Ses coursiers volaient comme s’ils avaient des ailes. et lui chantait, afin de les encourager : « Allez Tornade ! Allez Danseur ! Allez, Furie et Fringuant ! En avant Comète et Cupidon ! Allez Éclair et Tonnerre ! Tout droit vers ce porche, tout droit vers ce mur ! Au galop au galop mes amis ! au triple galop ! »
Pareils aux feuilles mortes, emportées par le vent, qui montent vers le ciel pour franchir les obstacles, les coursiers s’envolèrent, jusqu’au dessus de ma tête, avec le traîneau, les jouets et même le Père Noël. Peu après j’entendis résonner sur le toit le piétinement fougueux de leurs petits sabots.
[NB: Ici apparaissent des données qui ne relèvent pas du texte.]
-- ===== src/Audit/Release.antt =====
-- The requirements that scripts/audit_dependencies.py audits, and the audit of one release:
-- `_runtime_dependencies`, `_audit_release` and the loop of `main`.
use django_pyturso.Audit.{Json, AuditCalls, validate_response}
use django_pyturso.Exec.{value_error, os_error, audit_error, Answer, ok, raised, ◌then_do◌}
use django_pyturso.Prelude.{
  ℕ, Bool, true, false, not, ◌&&◌, ◌||◌, Option, none, some, List, [], ◌∷◌, ◌++◌, Text, codes,
  text_eq, if◌then◌else◌, Dict, get_item, set_item, length, ltb, ◌==◌, follows, ◌*◌, ◌+◌,
}

-- What the script reads of a `Requirement`: whether it has a URL, its specifiers as an operator and a
-- version, and what its marker evaluates to, if it has one.
pub record Requirement : Type 0 where
  pub name : Text
  pub has_url : Bool
  pub specifiers : List (Text × Text)
  pub marker : Option Bool

-- A response: whether it is one of HTTP, its status, its content type, and what reading at most so
-- many bytes gives, which is a text of bytes or something else.
pub record Response : Type 0 where
  pub is_http : Bool
  pub status : ℕ
  pub content_type : Text
  pub read : ℕ → Answer (Option Text)

-- What the script calls of the packaging library, of urllib and of json. `quote` is the quoted text
-- of a version, and `loads` decodes the bytes and reads JSON, with `_unique_keys` for each object and
-- `_reject_constant`.
pub record ReleaseCalls : Type 1 where
  pub audit : AuditCalls
  pub parse_requirement : Text → Answer Requirement
  pub is_blank : Text → Bool
  pub quote : audit.Version → Text
  pub open_url : Text → Answer Response
  pub loads : Text → Answer Json

-- The version that the specifiers pin.
abbrev pub one_pin : List (Text × Text) → Option Text
one_pin ((operator, version) ∷ []) = if text_eq operator (codes "==") then some version else none
one_pin _ = none

abbrev pub pinned : Requirement → Option Text
pinned requirement = if requirement.has_url then none else one_pin requirement.specifiers

-- `except (OSError, ValueError)`
abbrev pub as_audit_error {ℓ} : {A : Type ℓ} → Answer A → Answer A
as_audit_error (ok a) = ok a
as_audit_error (raised value_error) = raised audit_error
as_audit_error (raised os_error) = raised audit_error
as_audit_error (raised x) = raised x

abbrev pub max_response_bytes : ℕ
max_response_bytes = 4 * 1024 * 1024

module _ (calls : ReleaseCalls) where
  open calls use {audit, parse_requirement, is_blank, quote, open_url, loads}

  abbrev pub Version : Type 0
  Version = audit.Version

  abbrev pub add_dependency : Text → Version → Dict Version → Answer (Dict Version)
  add_dependency name version dependencies = elim (get_item name dependencies) [
    | some _ ↦ raised audit_error
    | none ↦ ok (set_item name version dependencies)
  ]

  abbrev pub add_unless_excluded :
      Option Bool → Text → Version → Dict Version → Answer (Dict Version)
  add_unless_excluded (some false) name version dependencies = ok dependencies
  add_unless_excluded _ name version dependencies =
      audit.canonicalize_name name then_do λ canonical.
      add_dependency canonical version dependencies

  abbrev pub add_pinned : Requirement → Option Text → Dict Version → Answer (Dict Version)
  add_pinned requirement none dependencies = raised audit_error
  add_pinned requirement (some pin) dependencies = audit.parse_version pin then_do λ version.
      add_unless_excluded requirement.marker requirement.name version dependencies

  -- The round for a line.
  unfoldable pub read_line : Text → Dict Version → Answer (Dict Version)
  unfolding get_item set_item text_eq
  read_line line dependencies =
      if is_blank line || follows b'#' line
      then ok dependencies
      else (parse_requirement line then_do λ requirement.
          add_pinned requirement (pinned requirement) dependencies)

  unfoldable pub read_lines : List Text → Dict Version → Answer (Dict Version)
  unfolding read_line
  read_lines [] dependencies = ok dependencies
  read_lines (line ∷ lines) dependencies = read_line line dependencies then_do read_lines lines

  abbrev pub unless_empty : Dict Version → Answer (Dict Version)
  unless_empty [] = raised audit_error
  unless_empty (d ∷ dependencies) = ok (d ∷ dependencies)

  -- `_runtime_dependencies`, on the lines of the file.
  unfoldable pub runtime_dependencies : List Text → Answer (Dict Version)
  unfolding read_lines
  runtime_dependencies lines = read_lines lines [] then_do unless_empty

  abbrev pub url_of : Text → Version → Text
  url_of name version =
      codes "https://pypi.org/pypi/" ++ (name ++ (codes "/" ++ (quote version ++ codes "/json")))

  abbrev pub check_body : Option Text → Answer Text
  check_body none = raised audit_error
  check_body (some body) =
      if ltb max_response_bytes (length body) then raised audit_error else ok body

  abbrev pub read_body : Response → Answer Text
  read_body response =
      if not response.is_http
      then raised audit_error
      else if (response.status == 200) && text_eq response.content_type (codes "application/json")
      then (response.read (max_response_bytes + 1) then_do check_body)
      else raised audit_error

  -- `_audit_release`
  unfoldable pub audit_release : Text → Version → Answer (List Text)
  unfolding text_eq validate_response
  audit_release name version = as_audit_error (
      open_url (url_of name version) then_do λ response. read_body response then_do λ body.
      loads body then_do λ decoded. validate_response audit decoded name version)

  abbrev pub is_vulnerable : List Text → Bool
  is_vulnerable [] = false
  is_vulnerable (_ ∷ _) = true

  -- The loop of `main`, with its `vulnerable`, and the end.
  unfoldable pub audit_all : Dict Version → Bool → Answer (Unit {0})
  unfolding audit_release
  audit_all [] vulnerable = if vulnerable then raised audit_error else ok tt
  audit_all ((name, version) ∷ dependencies) vulnerable =
      audit_release name version then_do λ active.
      audit_all dependencies (vulnerable || is_vulnerable active)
Une fois la fenêtre refermée, je me retournais, juste quand le Père Noël sortait de la cheminée. Son habit de fourrure, ses bottes et son bonnet, étaient un peu salis par la cendre et la suie. Jeté sur son épaule, un sac plein de jouets, lui donnait l’air d’un bien curieux marchand. Il avait des joues roses, des fossettes charmantes, un nez comme une cerise et des yeux pétillants, une petite bouche qui souriait tout le temps, et une très grande barbe d’un blanc vraiment immaculé. De sa pipe allumée coincée entre ses dents, montaient en tourbillons des volutes de fumée. Il avait le visage épanoui, et son ventre tout rond sautait quand il riait, comme un petit ballon.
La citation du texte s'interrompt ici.